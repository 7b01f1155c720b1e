-- ===== src/Processor/Request/Notification.antt =====
-- `HandleRequest` of src/CommandProcessor.cpp: what a request gets back whose id is no number and
-- no string.
use sm_ext_rpc.Base.{
  some, Bytes, Option-cases, String, none, ◌≡◌, refl, ok, true, false, arith, ◌⊎◌, inl, inr,
}
use sm_ext_rpc.Processor.{Env, Processor, pointer}
use sm_ext_rpc.Base.Dict.{lookup, default_at}
use sm_ext_rpc.Processor.Request.{
  pending_of, handle_object, handle_value, handle_request, answer, run, route, Handled, Pending,
  catch, silent, invoke, next, call, complete,
}
use sm_ext_rpc.Processor.Request.Guards.{
  IsFresh, IsSigned, IsShaped, check_timestamp_iff, check_sig_iff,
}
use sm_ext_rpc.Processor.Request.Objects.{dispatch_object}
use sm_ext_rpc.Processor.Request.Outcome.{IsUsable, HasUsableMethods}
use sm_ext_rpc.Json.{is_string, member, is_number, is_object, is_array, Kind}
use sm_ext_rpc.Method.{RpcMethod, FunctionId}
use sm_ext_rpc.Json.Laws.{is_array_object, IsLawful}
use sm_ext_rpc.Method.Validation.{validate_arguments_lem}
use sm_ext_rpc.Base.Int.{ℤ}

module _ (E : Env) where
  open E use {json}
  open json use {Json, kind, get_string, parse}

  -- Nothing is sent, or a function is called whose result is never sent.
  abbrev pub IsUnanswered : Handled E → Type 0
  IsUnanswered h =
      (h.response ≡ silent)
      ⊎ ((f : FunctionId) × (m : RpcMethod) × (r : String) × (ps : Json) × (pd : Pending E)
          × (h.response ≡ invoke f m r ps pd)
          × ((q : Processor) (retval : Json) → complete E q pd retval ≡ ok none))

  complete_notification :
      (pd : Pending E)
      → pd.notification ≡ true
      → (q : Processor) (retval : Json) → complete E q pd retval ≡ ok none
  unfolding complete
  complete_notification pd n q retval = rw n

  module _ (L : IsLawful json) (p : Processor) (usable : HasUsableMethods p) (remote : String) where
    run-IsUnanswered :
        (params : Json) (pd : Pending E) (m : RpcMethod)
        → pd.notification ≡ true
        → kind params ≡ Kind.array
        → IsUsable m
        → (h : Handled E) × (run E p remote params pd m ≡ next h) × IsUnanswered h
    unfolding run call answer
    run-IsUnanswered params pd m n k u =
        let (f, called) = u.callable in
        elim (validate_arguments_lem json L m params u.named k) [
          | inl v ↦ (
            record { response = invoke f m remote params pd; log = none; processor = p },
            ground arith,
            inr (f, m, remote, params, pd, refl, complete_notification pd n),
          )
          | inr v ↦
              (record { response = silent; log = none; processor = p }, ground arith, inl refl)
        ]

    route-IsUnanswered :
        (params : Json) (pd : Pending E) (name : String)
        → pd.notification ≡ true
        → kind params ≡ Kind.array
        → (h : Handled E) × (route E p remote params pd name ≡ next h) × IsUnanswered h
    unfolding route answer
    route-IsUnanswered params pd name n k = elim (Option-cases (pointer (lookup name p.methods))) [
      | inl missing ↦ (
        record {
          response = silent;
          log = none;
          processor = record p { methods = default_at name none p.methods };
        },
        ground arith,
        inl refl,
      )
      | inr (m, found) ↦ rw (found, route) (run-IsUnanswered params pd m n k (usable name m found))
    ]

    -- A fresh, signed and well-formed request whose id is neither a number nor a text is handled
    -- without an answer: nothing is sent for an unknown method or wrong parameters, and the result
    -- of a called function is never sent. The registered methods must be usable.
    pub notification-IsUnanswered :
        (now : ℤ) (req : Bytes) (j : Json)
        → parse req ≡ some j
        → is_object json j ≡ true
        → IsFresh E now j
        → IsSigned E p.api_key j
        → IsShaped E j
        → is_number json (member json j "id") ≡ false
        → is_string json (member json j "id") ≡ false
        → (h : Handled E) × (handle_request E p now remote req ≡ ok h) × IsUnanswered h
    unfolding handle_request handle_value handle_object catch pending_of is_array
    notification-IsUnanswered now req j e o fresh signed shaped n s =
        let (h, r, u) =
          route-IsUnanswered (member json j "params") (pending_of E (member json j "id"))
            (get_string (member json j "method")) (ground arith) (ground arith) in
        (
          h,
          rw (e, is_array_object json L j o, o)
              (rw
                (
                  (check_timestamp_iff E L p now j o).1 fresh,
                  (check_sig_iff E L p now j o).1 signed,
                  dispatch_object E L p j o remote,
                )
                (ground arith)),
          u,
        )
□ □ □ □
| EXERCISE DETAILS |
Output the data in full, please, exactly as written.

| TASK ANSWER |
repository 7b01f1155c720b1e
-- ===== src/Processor/Request/Notification.antt =====
-- `HandleRequest` of src/CommandProcessor.cpp: what a request gets back whose id is no number and
-- no string.
use sm_ext_rpc.Base.{
  some, Bytes, Option-cases, String, none, ◌≡◌, refl, ok, true, false, arith, ◌⊎◌, inl, inr,
}
use sm_ext_rpc.Processor.{Env, Processor, pointer}
use sm_ext_rpc.Base.Dict.{lookup, default_at}
use sm_ext_rpc.Processor.Request.{
  pending_of, handle_object, handle_value, handle_request, answer, run, route, Handled, Pending,
  catch, silent, invoke, next, call, complete,
}
use sm_ext_rpc.Processor.Request.Guards.{
  IsFresh, IsSigned, IsShaped, check_timestamp_iff, check_sig_iff,
}
use sm_ext_rpc.Processor.Request.Objects.{dispatch_object}
use sm_ext_rpc.Processor.Request.Outcome.{IsUsable, HasUsableMethods}
use sm_ext_rpc.Json.{is_string, member, is_number, is_object, is_array, Kind}
use sm_ext_rpc.Method.{RpcMethod, FunctionId}
use sm_ext_rpc.Json.Laws.{is_array_object, IsLawful}
use sm_ext_rpc.Method.Validation.{validate_arguments_lem}
use sm_ext_rpc.Base.Int.{ℤ}

module _ (E : Env) where
  open E use {json}
  open json use {Json, kind, get_string, parse}

  -- Nothing is sent, or a function is called whose result is never sent.
  abbrev pub IsUnanswered : Handled E → Type 0
  IsUnanswered h =
      (h.response ≡ silent)
      ⊎ ((f : FunctionId) × (m : RpcMethod) × (r : String) × (ps : Json) × (pd : Pending E)
          × (h.response ≡ invoke f m r ps pd)
          × ((q : Processor) (retval : Json) → complete E q pd retval ≡ ok none))

  complete_notification :
      (pd : Pending E)
      → pd.notification ≡ true
      → (q : Processor) (retval : Json) → complete E q pd retval ≡ ok none
  unfolding complete
  complete_notification pd n q retval = rw n

  module _ (L : IsLawful json) (p : Processor) (usable : HasUsableMethods p) (remote : String) where
    run-IsUnanswered :
        (params : Json) (pd : Pending E) (m : RpcMethod)
        → pd.notification ≡ true
        → kind params ≡ Kind.array
        → IsUsable m
        → (h : Handled E) × (run E p remote params pd m ≡ next h) × IsUnanswered h
    unfolding run call answer
    run-IsUnanswered params pd m n k u =
        let (f, called) = u.callable in
        elim (validate_arguments_lem json L m params u.named k) [
          | inl v ↦ (
            record { response = invoke f m remote params pd; log = none; processor = p },
            ground arith,
            inr (f, m, remote, params, pd, refl, complete_notification pd n),
          )
          | inr v ↦
              (record { response = silent; log = none; processor = p }, ground arith, inl refl)
        ]

    route-IsUnanswered :
        (params : Json) (pd : Pending E) (name : String)
        → pd.notification ≡ true
        → kind params ≡ Kind.array
        → (h : Handled E) × (route E p remote params pd name ≡ next h) × IsUnanswered h
    unfolding route answer
    route-IsUnanswered params pd name n k = elim (Option-cases (pointer (lookup name p.methods))) [
      | inl missing ↦ (
        record {
          response = silent;
          log = none;
          processor = record p { methods = default_at name none p.methods };
        },
        ground arith,
        inl refl,
      )
      | inr (m, found) ↦ rw (found, route) (run-IsUnanswered params pd m n k (usable name m found))
    ]

    -- A fresh, signed and well-formed request whose id is neither a number nor a text is handled
    -- without an answer: nothing is sent for an unknown method or wrong parameters, and the result
    -- of a called function is never sent. The registered methods must be usable.
    pub notification-IsUnanswered :
        (now : ℤ) (req : Bytes) (j : Json)
        → parse req ≡ some j
        → is_object json j ≡ true
        → IsFresh E now j
        → IsSigned E p.api_key j
        → IsShaped E j
        → is_number json (member json j "id") ≡ false
        → is_string json (member json j "id") ≡ false
        → (h : Handled E) × (handle_request E p now remote req ≡ ok h) × IsUnanswered h
    unfolding handle_request handle_value handle_object catch pending_of is_array
    notification-IsUnanswered now req j e o fresh signed shaped n s =
        let (h, r, u) =
          route-IsUnanswered (member json j "params") (pending_of E (member json j "id"))
            (get_string (member json j "method")) (ground arith) (ground arith) in
        (
          h,
          rw (e, is_array_object json L j o, o)
              (rw
                (
                  (check_timestamp_iff E L p now j o).1 fresh,
                  (check_sig_iff E L p now j o).1 signed,
                  dispatch_object E L p j o remote,
                )
                (ground arith)),
          u,
        )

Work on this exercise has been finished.